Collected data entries
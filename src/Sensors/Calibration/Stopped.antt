-- ===== src/Sensors/Calibration/Stopped.antt =====
-- sensors-hf/CalibrationStore.cpp: what the files hold when the thread has stopped.
use mathlib.Core.List.{Memᴰ}
use mathlib.Core.Path.{subst}
use android_device_ikko_mind.Common.{
  ℕ, ◌≡◌, ◌≢◌, some-eq, if_elim, refl, sym, ap, ◌∙◌, Bool, true, false, Option, none, some, List,
  [], ◌∷◌, ◌==◌, ◌&&◌, ◌||◌, not, bytes_eq, bytes_eq_refl, bytes_eq_sound, arith, All,
}
use android_device_ikko_mind.Sensors.Calibration.{
  Values, Region, bias, cali, temp, SensorLayout, all_layouts, Cached, all_zero, Host, target,
  written, write_file, write_pending, at_stop, visit_pending, visit, Caches, same_region, put,
  slots_of, visit_slot, pass, persistence_pass,
}

abbrev pub Slot : Type 0
Slot = SensorLayout × Region

-- What stands in the files: the values under a key of a path. Reading the clock leaves the files alone, and
-- writing succeeds, puts the values there and leaves the other files alone.
pub record IsDisk {W : Type 0} (h : Host W) (file : W → List ℕ → List ℕ → Option Values)
    : Type 0 where
  pub after_clock : (w : W) (p k : List ℕ) → file (h.now_ms w).0 p k ≡ file w p k
  pub write_ok :
      (w : W) (path key : List ℕ) (values_ : Values)
      → (h.write_int_array w path key values_).1 ≡ true
  pub after_write :
      (w : W) (path key : List ℕ) (values_ : Values)
      → file (h.write_int_array w path key values_).0 path key ≡ some values_
  pub elsewhere :
      (w : W) (path key : List ℕ) (values_ : Values) (p k : List ℕ)
      → path ≢ p
      → file (h.write_int_array w path key values_).0 p k ≡ file w p k

bytes_eq_comm : (a b : List ℕ) → bytes_eq a b ≡ bytes_eq b a
unfolding bytes_eq
bytes_eq_comm [] [] = refl
bytes_eq_comm [] (y ∷ b) = refl
bytes_eq_comm (x ∷ a) [] = refl
bytes_eq_comm (x ∷ a) (y ∷ b) = let ih = bytes_eq_comm a b in ground arith

share : Option (List ℕ × List ℕ) → Option (List ℕ × List ℕ) → Bool
share (some (p, k)) (some (q, j)) = bytes_eq p q
share _ _ = false

-- The two have one cache or one file.
clash : Slot → Slot → Bool
unfolding share
clash (l, r) (m, q) =
    l.sensor_type == m.sensor_type && same_region r q || share (target l r) (target m q)

apart_from : Slot → List Slot → Bool
unfolding clash
apart_from s [] = true
apart_from s (u ∷ rest) = not (clash s u) && apart_from s rest

apart : List Slot → Bool
unfolding apart_from
apart [] = true
apart (s ∷ rest) = apart_from s rest && apart rest

all_apart : apart (slots_of all_layouts) ≡ true
unfolding apart apart_from clash share target slots_of bytes_eq
all_apart = refl

-- The cache of a slot, if it has been asked for.
abbrev pub at_slot : Caches → Slot → Option Cached
at_slot m (l, r) = m l.sensor_type r

put-at :
    (s u : Slot) (c : Cached) (m : Caches)
    → clash s u ≡ false
    → at_slot (put s.0.sensor_type s.1 c m) u ≡ at_slot m u
unfolding put clash
put-at (l, r) (n, q) c m e = ground arith

visit_slot-at :
    {W : Type 0} (h : Host W) (w : W) (s u : Slot) (m : Caches) (o : Option Cached)
    → clash s u ≡ false
    → at_slot (visit_slot h true w s.0 s.1 m o).1.0 u ≡ at_slot m u
unfolding visit_slot
visit_slot-at h w s u m none e = refl
visit_slot-at h w (l, r) u m (some c) e = put-at (l, r) u (visit h true w l r c).1.0 m e

share-false :
    (o : Option (List ℕ × List ℕ)) (q j p k : List ℕ)
    → share o (some (p, k)) ≡ false
    → o ≡ some (q, j)
    → q ≢ p
unfolding share
share-false none q j p k e i f = absurd (ground arith)
share-false (some (a, b)) q j p k e i f =
    let t : a ≡ q = ap (λ x. x.0) (some-eq i) in
    let same : bytes_eq a p ≡ true = rw (t, f) (bytes_eq_refl p) in absurd (ground arith)

share_comm : (a b : Option (List ℕ × List ℕ)) → share a b ≡ share b a
unfolding share
share_comm none none = refl
share_comm none (some b) = refl
share_comm (some a) none = refl
share_comm (some (p, k)) (some (q, j)) = bytes_eq_comm p q

same_region_comm : (r q : Region) → same_region r q ≡ same_region q r
same_region_comm bias bias = refl
same_region_comm bias cali = refl
same_region_comm bias temp = refl
same_region_comm cali bias = refl
same_region_comm cali cali = refl
same_region_comm cali temp = refl
same_region_comm temp bias = refl
same_region_comm temp cali = refl
same_region_comm temp temp = refl

clash_comm : (s u : Slot) → clash s u ≡ false → clash u s ≡ false
unfolding clash
clash_comm (l, r) (n, q) e =
    let a = same_region_comm r q in let b = share_comm (target l r) (target n q) in ground arith

All-Mem : (P : Slot → Type 0) (xs : List Slot) (s : Slot) → All P xs → Memᴰ s xs → P s
All-Mem P [] s h m = elim m [ ]
All-Mem P (x ∷ xs) s (h, hs) (Memᴰ.head e) = subst P (sym e) h
All-Mem P (x ∷ xs) s (h, hs) (Memᴰ.tail m) = All-Mem P xs s hs m

-- A cache that says what its file holds is right.
abbrev pub Synced :
    {W : Type 0} → (W → List ℕ → List ℕ → Option Values) → W → Caches → Slot → Type 0
Synced file w m s =
    (c : Cached) (p k : List ℕ)
    → at_slot m s ≡ some c
    → target s.0 s.1 ≡ some (p, k)
    → c.have_persisted_value ≡ true
    → file w p k ≡ some c.persisted_values

module _ {W : Type 0} (h : Host W) (file : W → List ℕ → List ℕ → Option Values)
    (disk : IsDisk h file) where
  written-world : (c : Cached) (r : W × Bool) → (written h c r).0 ≡ r.0
  unfolding written
  written-world c (w, true) = refl
  written-world c (w, false) = refl

  write_file-elsewhere :
      (c : Cached) (w : W) (o : Option (List ℕ × List ℕ)) (p k : List ℕ)
      → share o (some (p, k)) ≡ false
      → file (write_file h c w o).0 p k ≡ file w p k
  unfolding write_file
  write_file-elsewhere c w none p k e = refl
  write_file-elsewhere c w (some (q, j)) p k e =
      ap (λ v. file v p k) (written-world c (h.write_int_array w q j c.values))
      ∙ disk.elsewhere w q j c.values p k (share-false (some (q, j)) q j p k e refl)

  write_pending-elsewhere :
      (w : W) (l : SensorLayout) (r : Region) (c : Cached) (p k : List ℕ)
      → share (target l r) (some (p, k)) ≡ false
      → file (write_pending h w l r c).0 p k ≡ file w p k
  unfolding write_pending
  write_pending-elsewhere w l r c p k e =
      let t = h.now_ms w in write_file-elsewhere _ t.0 (target l r) p k e ∙ disk.after_clock w p k

  visit-elsewhere :
      (w : W) (l : SensorLayout) (r : Region) (c : Cached) (p k : List ℕ)
      → share (target l r) (some (p, k)) ≡ false
      → file (visit h true w l r c).0 p k ≡ file w p k
  unfolding visit visit_pending at_stop
  visit-elsewhere w l r c p k e =
      let c1 : Cached = at_stop true c in
      let out = write_pending h w l r c1 in
      let same : W × (Cached × Option ℕ) = (w, (c1, none)) in
      let wrote : W × (Cached × Option ℕ) = (out.0, (out.1, none)) in
      if_elim (λ o. file o.0 p k ≡ file w p k) (not c1.pending) same wrote (λ n. refl)
        (λ n. write_pending-elsewhere w l r c1 p k e)

  visit_slot-elsewhere :
      (w : W) (s : Slot) (m : Caches) (o : Option Cached) (p k : List ℕ)
      → share (target s.0 s.1) (some (p, k)) ≡ false
      → file (visit_slot h true w s.0 s.1 m o).0 p k ≡ file w p k
  unfolding visit_slot
  visit_slot-elsewhere w s m none p k e = refl
  visit_slot-elsewhere w (l, r) m (some c) p k e = visit-elsewhere w l r c p k e

  -- The visit of a region that has a file and values that are not all zero leaves these in the file.
  visit_saves :
      (w : W) (l : SensorLayout) (r : Region) (c : Cached) (p k : List ℕ)
      → target l r ≡ some (p, k)
      → c.have_value ≡ true
      → all_zero c.values ≡ false
      → (c.have_persisted_value ≡ true → file w p k ≡ some c.persisted_values)
      → file (visit h true w l r c).0 p k ≡ some c.values
  unfolding visit visit_pending at_stop write_pending write_file
  visit_saves w l r c p k t v z synced =
      let c1 : Cached = at_stop true c in
      let out = write_pending h w l r c1 in
      let same : W × (Cached × Option ℕ) = (w, (c1, none)) in
      let wrote : W × (Cached × Option ℕ) = (out.0, (out.1, none)) in
      if_elim (λ o. file o.0 p k ≡ some c.values) (not c1.pending) same wrote
        (λ n.
          let kept : c.have_persisted_value ≡ true = ground arith in
          let eq : c.values ≡ c.persisted_values =
            bytes_eq_sound c.values c.persisted_values (ground arith) in
          synced kept ∙ ap some (sym eq))
        (λ n.
          let u = (h.now_ms w).0 in
          rw t (
            ap (λ x. file x p k) (written-world _ (h.write_int_array u p k c.values))
            ∙ disk.after_write u p k c.values))

  slot-elsewhere :
      (w : W) (s u : Slot) (m : Caches) (o : Option Cached) (p k : List ℕ)
      → clash s u ≡ false
      → target u.0 u.1 ≡ some (p, k)
      → file (visit_slot h true w s.0 s.1 m o).0 p k ≡ file w p k
  unfolding clash
  slot-elsewhere w s u m o p k e t =
      let x : share (target s.0 s.1) (target u.0 u.1) ≡ false = ground arith in
      let y : share (target s.0 s.1) (some (p, k)) ≡ false = rw t at x in
      visit_slot-elsewhere w s m o p k y

  -- What is right of the slots to come stays right over a visit of another.
  Synced-visit :
      (rest : List Slot) (w : W) (s : Slot) (m : Caches)
      → apart_from s rest ≡ true
      → All (Synced file w m) rest
      → let v = visit_slot h true w s.0 s.1 m (at_slot m s) in All (Synced file v.0 v.1.0) rest
  unfolding apart_from
  Synced-visit [] w s m e a = tt
  Synced-visit (u ∷ rest) w s m e (a, more) =
      let free : clash s u ≡ false = ground arith in
      (
        λ c p k o t b.
            slot-elsewhere w s u m (at_slot m s) p k free t
            ∙ a c p k (sym (visit_slot-at h w s u m (at_slot m s) free) ∙ o) t b,
        Synced-visit rest w s m (ground arith) more,
      )

  pass-elsewhere :
      (slots : List Slot) (u : Slot) (w : W) (m : Caches) (p k : List ℕ)
      → apart_from u slots ≡ true
      → target u.0 u.1 ≡ some (p, k)
      → file (pass h true slots w m).0 p k ≡ file w p k
  unfolding pass apart_from
  pass-elsewhere [] u w m p k e t = refl
  pass-elsewhere (s ∷ rest) u w m p k e t =
      let v = visit_slot h true w s.0 s.1 m (at_slot m s) in
      let free : clash s u ≡ false = clash_comm u s (ground arith) in
      pass-elsewhere rest u v.0 v.1.0 p k (ground arith) t
      ∙ slot-elsewhere w s u m (at_slot m s) p k free t

  -- The file of the slot holds the values of the cache, if there are any that are not all zero.
  abbrev Held : W → Caches → Slot → Type 0
  Held v m s =
      (c : Cached) (p k : List ℕ)
      → at_slot m s ≡ some c
      → target s.0 s.1 ≡ some (p, k)
      → c.have_value ≡ true
      → all_zero c.values ≡ false
      → file v p k ≡ some c.values

  Held-visit :
      (rest : List Slot) (w v : W) (s : Slot) (m : Caches)
      → apart_from s rest ≡ true
      → All (Held v (visit_slot h true w s.0 s.1 m (at_slot m s)).1.0) rest
      → All (Held v m) rest
  unfolding apart_from
  Held-visit [] w v s m e a = tt
  Held-visit (u ∷ rest) w v s m e (a, more) =
      let free : clash s u ≡ false = ground arith in
      (
        λ c p k o t b z. a c p k (visit_slot-at h w s u m (at_slot m s) free ∙ o) t b z,
        Held-visit rest w v s m (ground arith) more,
      )

  slot-Held :
      (w : W) (s : Slot) (m : Caches)
      → Synced file w m s
      → Held (visit_slot h true w s.0 s.1 m (at_slot m s)).0 m s
  unfolding visit_slot
  slot-Held w s m synced c p k o t v z =
      rw o (visit_saves w s.0 s.1 c p k t v z (λ b. synced c p k o t b))

  pass-Held :
      (slots : List Slot) (w : W) (m : Caches)
      → apart slots ≡ true
      → All (Synced file w m) slots
      → All (Held (pass h true slots w m).0 m) slots
  unfolding pass apart
  pass-Held [] w m e a = tt
  pass-Held (s ∷ rest) w m e (a, more) =
      let v = visit_slot h true w s.0 s.1 m (at_slot m s) in
      let free : apart_from s rest ≡ true = ground arith in
      let behind = pass-Held rest v.0 v.1.0 (ground arith) (Synced-visit rest w s m free more) in
      (
        λ c p k o t b z.
            pass-elsewhere rest s v.0 v.1.0 p k free t ∙ slot-Held w s m a c p k o t b z,
        Held-visit rest w (pass h true rest v.0 v.1.0).0 s m free behind,
      )

-- When the store stops and every write succeeds, the last pass of the thread leaves the latest values in
-- their files: of every region of every sensor that has a file and a cache with values that are not all
-- zero, the file holds these values. That holds whatever was pending, and however recent the last write
-- was. Before the pass, a cache that says what its file holds has to be right.
pub persistence_pass_saves :
    {W : Type 0} (h : Host W) (file : W → List ℕ → List ℕ → Option Values)
    → IsDisk h file
    → (w : W) (m : Caches) → All (Synced file w m) (slots_of all_layouts)
    → (s : Slot) (c : Cached) (p k : List ℕ) → Memᴰ s (slots_of all_layouts)
    → at_slot m s ≡ some c
    → target s.0 s.1 ≡ some (p, k)
    → c.have_value ≡ true
    → all_zero c.values ≡ false
    → file (persistence_pass h true w m).0 p k ≡ some c.values
unfolding persistence_pass
persistence_pass_saves h file disk w m synced s c p k at o t v z =
    let all = pass-Held h file disk (slots_of all_layouts) w m all_apart synced in
    All-Mem _ (slots_of all_layouts) s all at c p k o t v z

■ Task details: Print exactly the lines above, between the one holding "c).0 p k ≡ some c.values" and the one holding "λ c p k o t b.", inclusive, and nothing besides.

■ Exercise solution:
      → file (visit h true w l r c).0 p k ≡ some c.values
  unfolding visit visit_pending at_stop write_pending write_file
  visit_saves w l r c p k t v z synced =
      let c1 : Cached = at_stop true c in
      let out = write_pending h w l r c1 in
      let same : W × (Cached × Option ℕ) = (w, (c1, none)) in
      let wrote : W × (Cached × Option ℕ) = (out.0, (out.1, none)) in
      if_elim (λ o. file o.0 p k ≡ some c.values) (not c1.pending) same wrote
        (λ n.
          let kept : c.have_persisted_value ≡ true = ground arith in
          let eq : c.values ≡ c.persisted_values =
            bytes_eq_sound c.values c.persisted_values (ground arith) in
          synced kept ∙ ap some (sym eq))
        (λ n.
          let u = (h.now_ms w).0 in
          rw t (
            ap (λ x. file x p k) (written-world _ (h.write_int_array u p k c.values))
            ∙ disk.after_write u p k c.values))

  slot-elsewhere :
      (w : W) (s u : Slot) (m : Caches) (o : Option Cached) (p k : List ℕ)
      → clash s u ≡ false
      → target u.0 u.1 ≡ some (p, k)
      → file (visit_slot h true w s.0 s.1 m o).0 p k ≡ file w p k
  unfolding clash
  slot-elsewhere w s u m o p k e t =
      let x : share (target s.0 s.1) (target u.0 u.1) ≡ false = ground arith in
      let y : share (target s.0 s.1) (some (p, k)) ≡ false = rw t at x in
      visit_slot-elsewhere w s m o p k y

  -- What is right of the slots to come stays right over a visit of another.
  Synced-visit :
      (rest : List Slot) (w : W) (s : Slot) (m : Caches)
      → apart_from s rest ≡ true
      → All (Synced file w m) rest
      → let v = visit_slot h true w s.0 s.1 m (at_slot m s) in All (Synced file v.0 v.1.0) rest
  unfolding apart_from
  Synced-visit [] w s m e a = tt
  Synced-visit (u ∷ rest) w s m e (a, more) =
      let free : clash s u ≡ false = ground arith in
      (
        λ c p k o t b.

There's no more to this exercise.